*Problem requirements*
Transcribe exactly, and only, the lines from the one containing "handle_reply_req-IsOrderly st st'" through the last line of the data.

(Beginning of Source records)

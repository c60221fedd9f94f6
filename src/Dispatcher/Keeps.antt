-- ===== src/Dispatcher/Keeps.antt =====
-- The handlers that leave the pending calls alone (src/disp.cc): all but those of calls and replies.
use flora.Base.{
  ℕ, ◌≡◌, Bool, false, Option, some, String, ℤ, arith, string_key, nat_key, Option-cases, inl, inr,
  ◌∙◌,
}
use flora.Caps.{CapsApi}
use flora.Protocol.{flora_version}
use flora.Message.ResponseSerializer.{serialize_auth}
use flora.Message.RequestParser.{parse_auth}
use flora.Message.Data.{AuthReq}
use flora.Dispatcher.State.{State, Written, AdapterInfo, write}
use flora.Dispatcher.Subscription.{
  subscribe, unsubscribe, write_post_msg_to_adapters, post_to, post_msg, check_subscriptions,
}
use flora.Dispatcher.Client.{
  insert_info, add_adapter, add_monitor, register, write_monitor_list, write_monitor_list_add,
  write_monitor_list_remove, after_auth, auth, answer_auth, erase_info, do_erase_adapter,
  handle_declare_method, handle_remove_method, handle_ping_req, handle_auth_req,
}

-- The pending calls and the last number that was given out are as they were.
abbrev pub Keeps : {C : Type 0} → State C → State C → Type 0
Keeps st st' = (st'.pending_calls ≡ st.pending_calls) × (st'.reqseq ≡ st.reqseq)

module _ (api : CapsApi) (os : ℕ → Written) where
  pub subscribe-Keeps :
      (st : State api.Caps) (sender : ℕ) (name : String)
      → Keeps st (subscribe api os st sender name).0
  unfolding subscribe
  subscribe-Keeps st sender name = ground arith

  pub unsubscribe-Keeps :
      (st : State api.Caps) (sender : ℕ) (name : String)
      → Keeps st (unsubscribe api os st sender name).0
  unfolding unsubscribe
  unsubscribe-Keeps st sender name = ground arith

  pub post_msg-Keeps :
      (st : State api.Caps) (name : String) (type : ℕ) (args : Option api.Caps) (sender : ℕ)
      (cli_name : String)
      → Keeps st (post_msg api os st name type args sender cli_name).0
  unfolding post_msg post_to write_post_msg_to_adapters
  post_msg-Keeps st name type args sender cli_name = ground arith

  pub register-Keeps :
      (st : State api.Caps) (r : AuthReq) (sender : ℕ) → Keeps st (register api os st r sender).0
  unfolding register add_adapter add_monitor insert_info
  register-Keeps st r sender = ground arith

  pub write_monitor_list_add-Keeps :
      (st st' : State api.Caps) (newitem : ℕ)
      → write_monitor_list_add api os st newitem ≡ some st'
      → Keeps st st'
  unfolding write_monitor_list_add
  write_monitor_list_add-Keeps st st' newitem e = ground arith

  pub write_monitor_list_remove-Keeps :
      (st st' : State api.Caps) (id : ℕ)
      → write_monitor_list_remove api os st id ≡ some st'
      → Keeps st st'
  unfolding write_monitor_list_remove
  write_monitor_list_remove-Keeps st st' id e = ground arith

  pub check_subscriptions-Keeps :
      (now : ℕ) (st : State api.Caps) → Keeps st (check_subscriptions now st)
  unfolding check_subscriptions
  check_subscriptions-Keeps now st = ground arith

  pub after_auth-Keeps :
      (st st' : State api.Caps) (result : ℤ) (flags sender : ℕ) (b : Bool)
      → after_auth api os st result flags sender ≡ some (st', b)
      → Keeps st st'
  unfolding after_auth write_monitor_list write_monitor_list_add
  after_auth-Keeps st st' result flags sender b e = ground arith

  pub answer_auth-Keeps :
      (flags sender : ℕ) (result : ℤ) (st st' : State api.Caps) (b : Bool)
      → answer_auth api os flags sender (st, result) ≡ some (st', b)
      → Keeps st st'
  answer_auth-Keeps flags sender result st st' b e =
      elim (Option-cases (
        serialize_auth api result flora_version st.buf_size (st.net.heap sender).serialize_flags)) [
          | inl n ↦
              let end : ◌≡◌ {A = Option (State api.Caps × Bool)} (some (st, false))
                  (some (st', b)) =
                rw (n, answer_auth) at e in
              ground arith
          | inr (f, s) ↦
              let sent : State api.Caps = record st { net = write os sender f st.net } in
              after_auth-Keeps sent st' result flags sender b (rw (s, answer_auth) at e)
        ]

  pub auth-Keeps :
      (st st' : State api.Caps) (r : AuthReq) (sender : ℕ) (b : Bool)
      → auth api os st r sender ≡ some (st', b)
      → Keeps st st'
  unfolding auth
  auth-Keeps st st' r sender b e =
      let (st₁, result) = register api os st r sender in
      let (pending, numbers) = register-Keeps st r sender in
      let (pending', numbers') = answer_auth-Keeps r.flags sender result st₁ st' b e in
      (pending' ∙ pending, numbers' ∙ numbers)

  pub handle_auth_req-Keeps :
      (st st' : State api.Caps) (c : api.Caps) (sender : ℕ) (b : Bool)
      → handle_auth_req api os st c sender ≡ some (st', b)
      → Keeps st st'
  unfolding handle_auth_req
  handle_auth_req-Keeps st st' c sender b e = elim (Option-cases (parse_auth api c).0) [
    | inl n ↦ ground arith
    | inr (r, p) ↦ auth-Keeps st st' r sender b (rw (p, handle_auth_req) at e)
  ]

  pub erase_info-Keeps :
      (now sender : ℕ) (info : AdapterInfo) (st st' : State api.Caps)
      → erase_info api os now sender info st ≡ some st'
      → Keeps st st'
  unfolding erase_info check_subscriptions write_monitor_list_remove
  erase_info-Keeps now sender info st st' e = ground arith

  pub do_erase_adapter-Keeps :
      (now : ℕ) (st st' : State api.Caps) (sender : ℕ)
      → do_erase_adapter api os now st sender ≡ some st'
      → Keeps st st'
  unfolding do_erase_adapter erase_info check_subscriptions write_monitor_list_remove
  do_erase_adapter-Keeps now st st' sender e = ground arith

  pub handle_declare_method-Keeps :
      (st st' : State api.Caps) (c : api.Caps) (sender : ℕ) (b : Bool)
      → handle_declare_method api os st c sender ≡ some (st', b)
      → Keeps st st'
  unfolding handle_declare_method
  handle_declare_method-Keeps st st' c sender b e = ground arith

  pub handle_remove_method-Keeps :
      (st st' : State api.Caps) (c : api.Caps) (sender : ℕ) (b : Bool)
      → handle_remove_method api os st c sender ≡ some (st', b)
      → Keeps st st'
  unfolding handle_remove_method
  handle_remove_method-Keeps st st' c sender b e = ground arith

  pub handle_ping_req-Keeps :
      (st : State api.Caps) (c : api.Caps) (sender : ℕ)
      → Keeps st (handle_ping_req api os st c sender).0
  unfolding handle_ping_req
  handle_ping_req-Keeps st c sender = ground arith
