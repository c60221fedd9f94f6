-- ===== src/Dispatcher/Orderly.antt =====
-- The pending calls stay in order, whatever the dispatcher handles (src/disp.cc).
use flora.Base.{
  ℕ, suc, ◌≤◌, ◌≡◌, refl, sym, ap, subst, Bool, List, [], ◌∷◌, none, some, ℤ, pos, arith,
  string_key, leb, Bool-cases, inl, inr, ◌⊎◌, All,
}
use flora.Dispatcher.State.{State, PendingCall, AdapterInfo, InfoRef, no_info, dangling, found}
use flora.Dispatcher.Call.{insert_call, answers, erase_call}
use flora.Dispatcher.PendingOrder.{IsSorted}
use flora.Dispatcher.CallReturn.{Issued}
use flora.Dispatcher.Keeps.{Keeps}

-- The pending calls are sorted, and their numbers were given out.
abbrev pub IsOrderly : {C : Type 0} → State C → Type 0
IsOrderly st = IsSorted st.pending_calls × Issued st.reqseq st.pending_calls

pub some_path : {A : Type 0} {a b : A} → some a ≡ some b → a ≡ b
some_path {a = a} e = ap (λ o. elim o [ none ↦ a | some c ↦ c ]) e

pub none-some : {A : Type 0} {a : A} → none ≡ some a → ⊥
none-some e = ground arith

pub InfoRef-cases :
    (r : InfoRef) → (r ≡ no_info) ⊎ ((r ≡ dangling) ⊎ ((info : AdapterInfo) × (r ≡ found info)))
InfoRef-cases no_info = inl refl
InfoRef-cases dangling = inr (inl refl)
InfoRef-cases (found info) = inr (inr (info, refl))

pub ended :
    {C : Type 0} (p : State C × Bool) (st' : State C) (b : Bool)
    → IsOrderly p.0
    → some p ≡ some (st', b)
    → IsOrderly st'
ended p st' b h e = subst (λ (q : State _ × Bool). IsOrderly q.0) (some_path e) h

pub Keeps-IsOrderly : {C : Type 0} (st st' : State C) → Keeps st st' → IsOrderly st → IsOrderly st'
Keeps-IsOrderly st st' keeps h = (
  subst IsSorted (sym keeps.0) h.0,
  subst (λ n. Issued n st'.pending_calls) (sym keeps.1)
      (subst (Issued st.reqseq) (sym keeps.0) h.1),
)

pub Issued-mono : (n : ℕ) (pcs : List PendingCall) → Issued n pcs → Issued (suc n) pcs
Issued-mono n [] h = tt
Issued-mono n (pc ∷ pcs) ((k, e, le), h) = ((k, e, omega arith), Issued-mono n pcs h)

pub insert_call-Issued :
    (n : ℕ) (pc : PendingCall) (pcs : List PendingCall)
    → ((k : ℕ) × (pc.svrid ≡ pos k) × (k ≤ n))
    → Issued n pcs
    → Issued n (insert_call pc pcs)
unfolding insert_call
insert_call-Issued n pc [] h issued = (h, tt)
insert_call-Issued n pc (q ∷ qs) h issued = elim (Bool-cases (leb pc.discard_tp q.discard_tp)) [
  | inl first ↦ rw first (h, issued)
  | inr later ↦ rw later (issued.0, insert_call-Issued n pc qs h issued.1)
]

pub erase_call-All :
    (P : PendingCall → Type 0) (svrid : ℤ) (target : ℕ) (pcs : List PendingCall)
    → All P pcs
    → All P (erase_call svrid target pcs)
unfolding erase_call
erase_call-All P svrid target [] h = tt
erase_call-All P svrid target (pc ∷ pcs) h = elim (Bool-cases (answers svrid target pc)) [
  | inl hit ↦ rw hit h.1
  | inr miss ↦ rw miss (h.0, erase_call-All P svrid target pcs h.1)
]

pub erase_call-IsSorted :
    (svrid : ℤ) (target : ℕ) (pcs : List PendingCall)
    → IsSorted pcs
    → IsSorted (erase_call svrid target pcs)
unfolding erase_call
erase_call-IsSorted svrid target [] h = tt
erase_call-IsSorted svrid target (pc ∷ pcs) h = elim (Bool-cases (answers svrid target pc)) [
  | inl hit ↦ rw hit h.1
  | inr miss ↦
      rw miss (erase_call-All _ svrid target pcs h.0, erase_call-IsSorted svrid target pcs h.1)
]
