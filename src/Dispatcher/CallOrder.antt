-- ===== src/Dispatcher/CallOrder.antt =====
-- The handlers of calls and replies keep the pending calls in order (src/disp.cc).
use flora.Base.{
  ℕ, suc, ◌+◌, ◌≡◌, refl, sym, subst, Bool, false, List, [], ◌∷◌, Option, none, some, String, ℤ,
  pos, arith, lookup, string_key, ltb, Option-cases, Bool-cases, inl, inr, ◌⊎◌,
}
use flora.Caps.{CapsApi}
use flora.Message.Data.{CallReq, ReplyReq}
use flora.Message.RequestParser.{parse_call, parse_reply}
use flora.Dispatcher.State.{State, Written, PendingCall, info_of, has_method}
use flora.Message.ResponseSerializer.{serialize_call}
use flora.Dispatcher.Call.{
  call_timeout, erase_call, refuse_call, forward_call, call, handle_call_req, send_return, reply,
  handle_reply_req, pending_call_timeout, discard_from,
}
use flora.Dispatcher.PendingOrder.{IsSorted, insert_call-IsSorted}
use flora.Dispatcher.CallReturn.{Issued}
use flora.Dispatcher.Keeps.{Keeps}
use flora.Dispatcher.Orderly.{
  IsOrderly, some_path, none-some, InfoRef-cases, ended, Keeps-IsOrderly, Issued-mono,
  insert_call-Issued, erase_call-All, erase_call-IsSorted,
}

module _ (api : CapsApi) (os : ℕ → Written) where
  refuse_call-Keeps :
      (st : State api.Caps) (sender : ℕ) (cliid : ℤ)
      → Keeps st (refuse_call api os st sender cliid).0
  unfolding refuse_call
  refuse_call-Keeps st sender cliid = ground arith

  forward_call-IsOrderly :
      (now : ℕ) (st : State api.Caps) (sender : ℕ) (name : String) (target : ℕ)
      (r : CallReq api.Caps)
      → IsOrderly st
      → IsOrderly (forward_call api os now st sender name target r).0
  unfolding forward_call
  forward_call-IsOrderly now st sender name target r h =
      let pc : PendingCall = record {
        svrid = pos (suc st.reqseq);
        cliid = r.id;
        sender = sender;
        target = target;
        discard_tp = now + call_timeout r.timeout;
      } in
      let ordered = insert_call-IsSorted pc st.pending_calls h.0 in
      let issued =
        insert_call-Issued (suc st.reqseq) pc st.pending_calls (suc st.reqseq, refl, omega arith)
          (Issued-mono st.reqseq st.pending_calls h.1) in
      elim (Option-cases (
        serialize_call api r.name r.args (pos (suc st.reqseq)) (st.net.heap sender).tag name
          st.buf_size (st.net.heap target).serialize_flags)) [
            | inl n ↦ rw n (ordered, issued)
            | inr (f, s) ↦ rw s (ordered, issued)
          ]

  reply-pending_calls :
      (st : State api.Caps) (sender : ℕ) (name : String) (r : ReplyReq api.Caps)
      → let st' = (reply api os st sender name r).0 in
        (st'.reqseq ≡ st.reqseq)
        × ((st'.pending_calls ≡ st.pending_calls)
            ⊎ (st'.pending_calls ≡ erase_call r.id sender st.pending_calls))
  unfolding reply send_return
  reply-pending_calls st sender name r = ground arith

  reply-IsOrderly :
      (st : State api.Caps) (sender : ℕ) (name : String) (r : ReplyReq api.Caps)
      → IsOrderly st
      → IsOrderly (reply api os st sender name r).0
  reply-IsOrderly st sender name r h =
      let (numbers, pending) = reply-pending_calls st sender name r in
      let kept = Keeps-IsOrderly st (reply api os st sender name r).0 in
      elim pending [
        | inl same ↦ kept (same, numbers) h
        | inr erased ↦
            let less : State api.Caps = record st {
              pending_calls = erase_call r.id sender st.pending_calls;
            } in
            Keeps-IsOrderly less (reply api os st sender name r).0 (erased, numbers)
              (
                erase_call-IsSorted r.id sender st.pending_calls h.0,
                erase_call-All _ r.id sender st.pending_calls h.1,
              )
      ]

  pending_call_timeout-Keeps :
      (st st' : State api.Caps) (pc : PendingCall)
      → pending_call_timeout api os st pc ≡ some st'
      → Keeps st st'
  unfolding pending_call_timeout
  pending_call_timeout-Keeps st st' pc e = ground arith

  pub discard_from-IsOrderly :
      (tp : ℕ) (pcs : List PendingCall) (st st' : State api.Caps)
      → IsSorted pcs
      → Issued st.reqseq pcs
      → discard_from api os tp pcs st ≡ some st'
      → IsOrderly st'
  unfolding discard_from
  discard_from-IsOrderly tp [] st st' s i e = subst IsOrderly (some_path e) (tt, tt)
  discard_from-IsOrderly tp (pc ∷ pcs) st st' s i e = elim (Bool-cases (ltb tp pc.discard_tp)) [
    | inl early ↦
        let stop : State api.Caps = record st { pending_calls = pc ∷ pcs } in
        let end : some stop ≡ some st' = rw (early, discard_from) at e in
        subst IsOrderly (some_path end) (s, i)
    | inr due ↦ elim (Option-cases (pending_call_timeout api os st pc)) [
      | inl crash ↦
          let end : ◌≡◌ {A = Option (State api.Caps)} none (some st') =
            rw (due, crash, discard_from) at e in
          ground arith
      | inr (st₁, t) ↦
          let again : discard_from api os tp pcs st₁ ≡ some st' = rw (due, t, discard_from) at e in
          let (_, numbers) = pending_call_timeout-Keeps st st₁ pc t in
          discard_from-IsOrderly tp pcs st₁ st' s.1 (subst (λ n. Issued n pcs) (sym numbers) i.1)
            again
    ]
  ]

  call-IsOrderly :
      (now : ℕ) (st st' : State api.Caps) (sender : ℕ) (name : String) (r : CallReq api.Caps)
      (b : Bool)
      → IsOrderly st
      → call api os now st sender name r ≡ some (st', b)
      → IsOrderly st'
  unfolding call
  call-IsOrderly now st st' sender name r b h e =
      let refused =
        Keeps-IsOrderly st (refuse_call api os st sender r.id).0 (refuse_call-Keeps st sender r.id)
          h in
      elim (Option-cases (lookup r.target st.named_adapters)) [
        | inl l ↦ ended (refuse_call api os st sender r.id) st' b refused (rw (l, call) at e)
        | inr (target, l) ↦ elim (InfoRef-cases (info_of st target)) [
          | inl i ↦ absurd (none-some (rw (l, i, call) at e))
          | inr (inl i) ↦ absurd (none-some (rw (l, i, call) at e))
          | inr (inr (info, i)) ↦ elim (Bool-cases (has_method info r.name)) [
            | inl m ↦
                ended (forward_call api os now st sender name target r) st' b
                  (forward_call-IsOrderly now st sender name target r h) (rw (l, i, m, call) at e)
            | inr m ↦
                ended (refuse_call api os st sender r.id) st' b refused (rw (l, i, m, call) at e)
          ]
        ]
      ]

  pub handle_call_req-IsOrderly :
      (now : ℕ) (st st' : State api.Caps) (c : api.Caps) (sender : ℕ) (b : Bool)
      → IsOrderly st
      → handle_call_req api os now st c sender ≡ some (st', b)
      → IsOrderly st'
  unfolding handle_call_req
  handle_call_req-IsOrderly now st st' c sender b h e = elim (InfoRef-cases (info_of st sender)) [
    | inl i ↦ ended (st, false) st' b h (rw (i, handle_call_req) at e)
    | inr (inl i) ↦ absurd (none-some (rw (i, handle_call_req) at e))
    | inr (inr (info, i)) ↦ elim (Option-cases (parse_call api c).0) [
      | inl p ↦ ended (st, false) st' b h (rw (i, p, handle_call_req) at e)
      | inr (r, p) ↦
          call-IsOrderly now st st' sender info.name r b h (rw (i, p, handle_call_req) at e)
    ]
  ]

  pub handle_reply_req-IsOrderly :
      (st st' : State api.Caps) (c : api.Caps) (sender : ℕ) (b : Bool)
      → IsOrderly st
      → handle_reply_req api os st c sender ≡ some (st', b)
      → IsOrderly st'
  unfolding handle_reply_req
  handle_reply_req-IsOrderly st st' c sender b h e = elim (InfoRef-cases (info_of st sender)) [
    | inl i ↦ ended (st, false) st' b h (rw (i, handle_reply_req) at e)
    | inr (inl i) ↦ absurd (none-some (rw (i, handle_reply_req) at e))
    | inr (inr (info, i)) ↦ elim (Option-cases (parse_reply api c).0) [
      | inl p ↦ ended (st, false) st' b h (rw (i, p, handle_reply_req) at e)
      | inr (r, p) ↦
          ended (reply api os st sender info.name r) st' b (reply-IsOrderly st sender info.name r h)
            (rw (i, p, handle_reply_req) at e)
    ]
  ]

(End of Source records)

*Response below*
  handle_reply_req-IsOrderly st st' c sender b h e = elim (InfoRef-cases (info_of st sender)) [
    | inl i ↦ ended (st, false) st' b h (rw (i, handle_reply_req) at e)
    | inr (inl i) ↦ absurd (none-some (rw (i, handle_reply_req) at e))
    | inr (inr (info, i)) ↦ elim (Option-cases (parse_reply api c).0) [
      | inl p ↦ ended (st, false) st' b h (rw (i, p, handle_reply_req) at e)
      | inr (r, p) ↦
          ended (reply api os st sender info.name r) st' b (reply-IsOrderly st sender info.name r h)
            (rw (i, p, handle_reply_req) at e)
    ]
  ]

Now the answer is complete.